# Recorded data
***
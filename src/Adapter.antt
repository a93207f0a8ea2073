-- ===== src/Adapter.antt =====
-- The adapter between the chain and the virtual machine: crates/meow-vm-adapter, and the conversions of
-- crates/meow-types and crates/meow-vm-types that it uses.
pub mod Defs
pub mod Context
pub mod Resolvers
pub mod Effects
pub mod Execute
pub mod Layout
pub mod Placed
pub mod Coins
pub mod Versions
pub mod Spent
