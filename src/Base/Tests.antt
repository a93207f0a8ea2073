-- ===== src/Base/Tests.antt =====
-- Boolean tests on the native numbers and on types with decidable equality, and the conditional.
use Prim.Native.Nat.{ℕ, ◌≤◌, ◌<◌, compare, Ordering}
use Prim.Native.String.{String}
use mathlib.Core.Path.{◌≡◌, refl}
use mathlib.Core.Logic.{◌↔◌, ◌⊎◌, inl, inr}
use mathlib.Core.Bool.{Bool, true, false, false≢true}
use mathlib.Core.Option.{Option, none, some}
use native.Mathlib.Omega.{arith}
use text.Mathlib.Text.{◌==◌ as text_eq}
use text.Mathlib.TextEquality.{eq_iff}

abbrev pub ltb : ℕ → ℕ → Bool
ltb a b = elim (compare a b) [ Ordering.lt ↦ true | _ ↦ false ]

abbrev pub leb : ℕ → ℕ → Bool
leb a b = elim (compare a b) [ Ordering.gt ↦ false | _ ↦ true ]

infix 50 ◌==◌
abbrev pub ◌==◌ : ℕ → ℕ → Bool
a == b = elim (compare a b) [ Ordering.eq ↦ true | _ ↦ false ]

infix 1 if◌then◌else◌
abbrev pub if◌then◌else◌ {ℓ} : {A : Type ℓ} → Bool → A → A → A
if true then x else y = x
if false then x else y = y

pub ltb→lt : (a b : ℕ) → ltb a b ≡ true → a < b
ltb→lt a b h = ground arith

pub lt→ltb : (a b : ℕ) → a < b → ltb a b ≡ true
lt→ltb a b h = ground arith

pub leb→le : (a b : ℕ) → leb a b ≡ true → a ≤ b
leb→le a b h = ground arith

pub ==_iff : (a b : ℕ) → ((a == b) ≡ true) ↔ (a ≡ b)
==_iff a b = ground arith

pub ==-refl : (a : ℕ) → (a == a) ≡ true
==-refl a = ground arith

-- To split on a computed value and keep the equation.
pub Bool-cases : (b : Bool) → (b ≡ true) ⊎ (b ≡ false)
Bool-cases true = inl refl
Bool-cases false = inr refl

pub Option-cases {ℓ} : {A : Type ℓ} (o : Option A) → (o ≡ none) ⊎ ((a : A) × (o ≡ some a))
Option-cases none = inl refl
Option-cases (some a) = inr (a, refl)

abbrev pub is_some {ℓ} : {A : Type ℓ} → Option A → Bool
is_some none = false
is_some (some a) = true

-- `a == b` at a type with decidable equality, as `derive(PartialEq)` gives it.
module _ {ℓ} {A : Type ℓ} where
  unfoldable pub eqb : Discrete A → A → A → Bool
  eqb d a b = elim (d a b) [ yes _ ↦ true | no _ ↦ false ]

  pub eqb_refl : (d : Discrete A) (a : A) → eqb d a a ≡ true
  unfolding eqb
  eqb_refl d a = elim (d a a) as (λ x. (elim x [ yes _ ↦ true | no _ ↦ false ]) ≡ true) [
    | yes _ ↦ refl
    | no n ↦ absurd (n refl)
  ]

  pub eq_of_eqb : (d : Discrete A) (a b : A) → eqb d a b ≡ true → a ≡ b
  unfolding eqb
  eq_of_eqb d a b = elim (d a b) as (λ x. (elim x [ yes _ ↦ true | no _ ↦ false ]) ≡ true → a ≡ b) [
    | yes p ↦ λ _. p
    | no _ ↦ λ h. absurd (false≢true h)
  ]

decide_text : (s t : String) → (text_eq s t ≡ true) ⊎ (text_eq s t ≡ false) → Dec (s ≡ t)
decide_text s t (inl h) = yes ((eq_iff s t).0 h)
decide_text s t (inr h) = no (λ p. cc ((eq_iff s t).1 p))

unfoldable pub String-discrete : Discrete String
unfolding decide_text Bool-cases
String-discrete s t = decide_text s t (Bool-cases (text_eq s t))
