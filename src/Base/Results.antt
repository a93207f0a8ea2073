-- ===== src/Base/Results.antt =====
-- The result of fallible code: a value, an error value, or a panic (`expect`, `assert!`, an index
-- out of range).
use mathlib.Core.Path.{◌≡◌, refl, ap, subst}
use mathlib.Core.Logic.{◌⊎◌, inl, inr}
use mathlib.Core.Bool.{Bool, true, false}
use mathlib.Core.Option.{Option, none, some}

pub data Outcome {ℓ} (E : Type 0) (A : Type ℓ) : Type ℓ where
  ok : A → Outcome E A
  err : E → Outcome E A
  panic : Outcome E A

infixl 5 ◌>>=◌ ◌>>◌
abbrev pub ◌>>=◌ {ℓ κ} :
    {E : Type 0} {A : Type ℓ} {B : Type κ} → Outcome E A → (A → Outcome E B) → Outcome E B
panic >>= next = panic
err failure >>= next = err failure
ok value >>= next = next value

abbrev pub ◌>>◌ {ℓ} : {E : Type 0} {B : Type ℓ} → Outcome E (Unit {0}) → Outcome E B → Outcome E B
check >> rest = check >>= λ passed. rest

module _ {E : Type 0} where
  -- `if !b { return Err(e); }`
  abbrev pub guard : Bool → E → Outcome E (Unit {0})
  guard false otherwise = err otherwise
  guard true otherwise = ok tt

  -- `if b { return Err(e); }`
  abbrev pub reject_if : Bool → E → Outcome E (Unit {0})
  reject_if true e = err e
  reject_if false e = ok tt

  -- `assert!(b)`
  abbrev pub require : Bool → Outcome E (Unit {0})
  require true = ok tt
  require false = panic

  -- `o.expect(..)`
  abbrev pub expect {ℓ} : {A : Type ℓ} → Option A → Outcome E A
  expect none = panic
  expect (some a) = ok a

  -- `o.ok_or(e)`
  abbrev pub ok_or {ℓ} : {A : Type ℓ} → Option A → E → Outcome E A
  ok_or none e = err e
  ok_or (some a) e = ok a

-- `r.map_err(f)`
abbrev pub map_err {ℓ} : {E F : Type 0} {A : Type ℓ} → (E → F) → Outcome E A → Outcome F A
map_err f (ok a) = ok a
map_err f (err e) = err (f e)
map_err f panic = panic

abbrev pub is_ok {ℓ} : {E : Type 0} {A : Type ℓ} → Outcome E A → Bool
is_ok (ok a) = true
is_ok (err e) = false
is_ok panic = false

-- Inversion of a successful bind and of a passed guard.
pub >>=-eq-ok {ℓ κ} :
    {E : Type 0} {A : Type ℓ} {B : Type κ} (first : Outcome E A) (next : A → Outcome E B) {last : B}
    → (first >>= next) ≡ ok last
    → (value : A) × (first ≡ ok value) × (next value ≡ ok last)
>>=-eq-ok panic next h = cc
>>=-eq-ok (err failure) next h = cc
>>=-eq-ok (ok value) next h = (value, refl, h)

pub expect-eq-ok {ℓ} :
    {E : Type 0} {A : Type ℓ} (o : Option A) {a : A} → expect {E = E} o ≡ ok a → o ≡ some a
expect-eq-ok none h = cc
expect-eq-ok (some a) h = cc

pub map_err-eq-ok {ℓ} :
    {E F : Type 0} {A : Type ℓ} (f : E → F) (m : Outcome E A) {a : A}
    → map_err f m ≡ ok a
    → m ≡ ok a
map_err-eq-ok f (ok b) {a = a} h = let same : b ≡ a = cc h in ap ok same
map_err-eq-ok f (err e) h = cc h
map_err-eq-ok f panic h = cc h

pub ok_or-eq-ok {ℓ} :
    {E : Type 0} {A : Type ℓ} (o : Option A) (e : E) {a : A} → ok_or o e ≡ ok a → o ≡ some a
ok_or-eq-ok none e h = cc
ok_or-eq-ok (some a) e h = cc

module _ {ℓ} {E : Type 0} {A : Type ℓ} where
  pub guard-eq-ok :
      (b : Bool) (e : E) (k : Outcome E A) {a : A}
      → (guard b e >> k) ≡ ok a
      → (b ≡ true) × (k ≡ ok a)
  guard-eq-ok true e k h = (refl, h)
  guard-eq-ok false e k h = cc

  pub reject_if-eq-ok :
      (b : Bool) (e : E) (k : Outcome E A) {a : A}
      → (reject_if b e >> k) ≡ ok a
      → (b ≡ false) × (k ≡ ok a)
  reject_if-eq-ok true e k h = cc
  reject_if-eq-ok false e k h = (refl, h)

-- To split on a result and keep the equation.
pub Outcome-cases {ℓ} :
    {E : Type 0} {A : Type ℓ} (m : Outcome E A)
    → ((a : A) × (m ≡ ok a)) ⊎ (((e : E) × (m ≡ err e)) ⊎ (m ≡ panic))
Outcome-cases (ok a) = inl (a, refl)
Outcome-cases (err e) = inr (inl (e, refl))
Outcome-cases panic = inr (inr refl)

pub guard_passed : {E : Type 0} (b : Bool) (e : E) → guard b e ≡ ok tt → b ≡ true
guard_passed true e h = refl
guard_passed false e h = cc

-- Every value that a result may hold has a property.
abbrev pub EveryOf {ℓ κ} : {E : Type 0} {A : Type ℓ} → (A → Type κ) → Outcome E A → Type κ
EveryOf P (ok a) = P a
EveryOf P (err e) = Unit
EveryOf P panic = Unit

pub record Every {ℓ κ} {E : Type 0} {A : Type ℓ} (P : A → Type κ) (m : Outcome E A) : Type κ where
  pub holds : EveryOf P m

module _ {ℓ} {E : Type 0} {A : Type ℓ} where
  pub Every-ok {κ} : {P : A → Type κ} {a : A} → P a → Every {E = E} P (ok a)
  Every-ok p = record { holds = p }

  pub Every-err {κ} : {P : A → Type κ} {e : E} → Every P (err e)
  Every-err = record { holds = tt }

  pub Every-panic {κ} : {P : A → Type κ} → Every {E = E} P panic
  Every-panic = record { holds = tt }

  pub Every-bind {κ ρ σ} :
      {B : Type κ} {P : A → Type σ} {Q : B → Type ρ} (m : Outcome E A) (next : A → Outcome E B)
      → Every P m
      → ((a : A) → P a → Every Q (next a))
      → Every Q (m >>= next)
  Every-bind (ok a) next p h = h a p.holds
  Every-bind (err e) next p h = record { holds = tt }
  Every-bind panic next p h = record { holds = tt }

  -- A first result of which nothing more is known.
  pub Every-then {κ ρ} :
      {B : Type κ} {Q : B → Type ρ} (m : Outcome E A) (next : A → Outcome E B)
      → ((a : A) → m ≡ ok a → Every Q (next a))
      → Every Q (m >>= next)
  Every-then (ok a) next h = h a refl
  Every-then (err e) next h = record { holds = tt }
  Every-then panic next h = record { holds = tt }

  pub Every-eq-ok {κ} : {P : A → Type κ} (m : Outcome E A) (a : A) → Every P m → m ≡ ok a → P a
  Every-eq-ok {P = P} (ok b) a p h = let same : b ≡ a = cc h in subst P same p.holds
  Every-eq-ok (err e) a p h = cc
  Every-eq-ok panic a p h = cc
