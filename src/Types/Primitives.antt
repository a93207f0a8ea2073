-- ===== src/Types/Primitives.antt =====
-- crates/meow-types: addresses and digests (address/mod.rs, digest/mod.rs), which are 32 bytes read
-- as a big-endian number, so that the derived order on byte arrays is the order of numbers.
use meow.Base.{ℕ, zero, suc, ◌/◌, ◌%◌, ◌*◌, ◌+◌, ◌^◌, List, [], ◌∷◌}

abbrev pub Address : Type 0
Address = ℕ

abbrev pub Digest : Type 0
Digest = ℕ

abbrev pub Bytes : Type 0
Bytes = List ℕ

abbrev pub digest_length : ℕ
digest_length = 32

-- `Address::ZERO`, `Digest::ZERO`
abbrev pub zero_address : Address
zero_address = 0

abbrev pub zero_digest : Digest
zero_digest = 0

-- `Address::suffixed`: the suffix in the last two bytes.
unfoldable pub suffixed : ℕ → Address
suffixed suffix = suffix / 256 * 256 + suffix % 256

-- The low `n` bytes of a number, the most significant first.
unfoldable pub bytes_of : ℕ → ℕ → Bytes
bytes_of zero d = []
bytes_of (suc n) d = d / 256 ^ n % 256 ∷ bytes_of n d

-- `digest.as_ref()`
unfoldable pub digest_bytes : Digest → Bytes
unfolding bytes_of
digest_bytes d = bytes_of digest_length d
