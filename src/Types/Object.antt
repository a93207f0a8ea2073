-- ===== src/Types/Object.antt =====
-- crates/meow-types/src/object: on-chain objects, their owner, version, type and reference.
use meow.Base.{ℕ, ◌+◌, ◌-◌, ◌^◌, String, Bool, true, false, Option, none, some, ◌==◌, if◌then◌else◌}
use meow.Types.Primitives.{Address, Digest, Bytes}

abbrev pub ObjectVersion : Type 0
ObjectVersion = ℕ

-- `ObjectVersion::ZERO`, `ONE` and `MAX`
abbrev pub version_zero : ObjectVersion
version_zero = 0

abbrev pub version_one : ObjectVersion
version_one = 1

abbrev pub version_max : ObjectVersion
version_max = 2 ^ 64 - 1

-- `ObjectVersion::next`
unfoldable pub next : ObjectVersion → Option ObjectVersion
next v = if v == version_max then none else some (v + 1)

pub data ObjectOwner : Type 0 where
  address : Address → ObjectOwner
  immutable : ObjectOwner

-- `ObjectOwner::address`
unfoldable pub owner_address : ObjectOwner → Option Address
owner_address (ObjectOwner.address a) = some a
owner_address immutable = none

unfoldable pub is_address_owned : ObjectOwner → Bool
is_address_owned (ObjectOwner.address a) = true
is_address_owned immutable = false

unfoldable pub is_immutable : ObjectOwner → Bool
is_immutable (ObjectOwner.address a) = false
is_immutable immutable = true

pub record ObjectDeclRef : Type 0 where
  pub module_ : Address
  pub name : String

pub data ObjectType : Type 0 where
  module_ : ObjectType
  object : ObjectDeclRef → ObjectType

pub record Object : Type 0 where
  pub address : Address
  pub owner : ObjectOwner
  pub transaction : Digest
  pub version : ObjectVersion
  pub type_ : ObjectType
  pub content : Bytes

pub record ObjectRef : Type 0 where
  pub address : Address
  pub version : ObjectVersion
  pub digest : Digest

-- `Object::fresh_object`, `Object::fresh_module`
unfoldable pub fresh_object : Address → Address → Digest → ObjectDeclRef → Bytes → Object
fresh_object a o t decl c = record {
  address = a;
  owner = ObjectOwner.address o;
  transaction = t;
  version = version_one;
  type_ = object decl;
  content = c;
}

unfoldable pub fresh_module : Address → Digest → Bytes → Object
fresh_module a t c = record {
  address = a;
  owner = immutable;
  transaction = t;
  version = version_one;
  type_ = ObjectType.module_;
  content = c;
}
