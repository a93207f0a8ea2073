-- ===== src/Types/Transaction.antt =====
-- crates/meow-types/src/transaction: transactions, their inputs, signatures and results.
use meow.Base.{ℕ, String, List, [], ℕ_discrete, String-discrete}
use meow.Types.Primitives.{Address, Digest, Bytes}
use meow.Types.Object.{Object, ObjectRef}

pub data Input : Type 0 where
  object : ObjectRef → Input
  raw : Bytes → Input

pub record Call : Type 0 where
  pub module_ : Address
  pub function : String
  pub arguments : List Input

pub data TransactionType : Type 0 where
  meow_call : Call → TransactionType
  meow_module_publish : Bytes → TransactionType

pub record Transaction : Type 0 where
  pub sender : Address
  pub gas_coin : ObjectRef
  pub type_ : TransactionType

-- keypair/signature.rs: the bytes of the signature and of the key that verifies it.
pub record Signature : Type 0 where
  pub signature : Bytes
  pub public_key : Bytes

-- keypair/mod.rs: a signing key with its public key.
pub record KeyPair : Type 0 where
  pub public : Bytes
  pub private : Bytes

pub record SignedTransaction : Type 0 where
  pub transaction : Transaction
  pub signature : Signature

pub data ExecutionStatus : Type 0 where
  success : ExecutionStatus
  failure : String → ExecutionStatus

pub record ExecutionResult : Type 0 where
  pub status : ExecutionStatus
  pub transaction_digest : Digest
  pub created_objects : List Object
  pub changed_objects : List Object
  pub destroyed_objects : List Object
  pub gas_used : ℕ

-- `ExecutionResult::new`, `failure` and `with_gas_used`
unfoldable pub new_result :
    ExecutionStatus → Digest → List Object → List Object → List Object → ExecutionResult
new_result status digest created changed destroyed = record {
  status = status;
  transaction_digest = digest;
  created_objects = created;
  changed_objects = changed;
  destroyed_objects = destroyed;
  gas_used = 0;
}

unfoldable pub failure_result : String → Digest → ExecutionResult
unfolding new_result
failure_result message digest = new_result (failure message) digest [] [] []

unfoldable pub with_gas_used : ExecutionResult → ℕ → ExecutionResult
with_gas_used r gas = record r { gas_used = gas }

-- `derive(PartialEq)` of results and of lists of them
unfoldable pub ExecutionResult-discrete : Discrete ExecutionResult
unfolding String-discrete
ExecutionResult-discrete = hlevel (ℕ_discrete, String-discrete)

unfoldable pub results-discrete : Discrete (List ExecutionResult)
unfolding ExecutionResult-discrete
results-discrete = hlevel (ℕ_discrete, String-discrete)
***
# WORK INSTRUCTIONS
The answer should consist of the lines from the first line of the entries through the line with "abbrev pub leb : ℕ → ℕ → Bool", copied exactly.

# SOLUTION TO THIS TASK
filename src/Adapter.antt
repository a93207f0a8ea2073
-- ===== src/Adapter.antt =====
-- The adapter between the chain and the virtual machine: crates/meow-vm-adapter, and the conversions of
-- crates/meow-types and crates/meow-vm-types that it uses.
pub mod Defs
pub mod Context
pub mod Resolvers
pub mod Effects
pub mod Execute
pub mod Layout
pub mod Placed
pub mod Coins
pub mod Versions
pub mod Spent
filename src/Base/Tests.antt
repository a93207f0a8ea2073
-- ===== src/Base/Tests.antt =====
-- Boolean tests on the native numbers and on types with decidable equality, and the conditional.
use Prim.Native.Nat.{ℕ, ◌≤◌, ◌<◌, compare, Ordering}
use Prim.Native.String.{String}
use mathlib.Core.Path.{◌≡◌, refl}
use mathlib.Core.Logic.{◌↔◌, ◌⊎◌, inl, inr}
use mathlib.Core.Bool.{Bool, true, false, false≢true}
use mathlib.Core.Option.{Option, none, some}
use native.Mathlib.Omega.{arith}
use text.Mathlib.Text.{◌==◌ as text_eq}
use text.Mathlib.TextEquality.{eq_iff}

abbrev pub ltb : ℕ → ℕ → Bool
ltb a b = elim (compare a b) [ Ordering.lt ↦ true | _ ↦ false ]

abbrev pub leb : ℕ → ℕ → Bool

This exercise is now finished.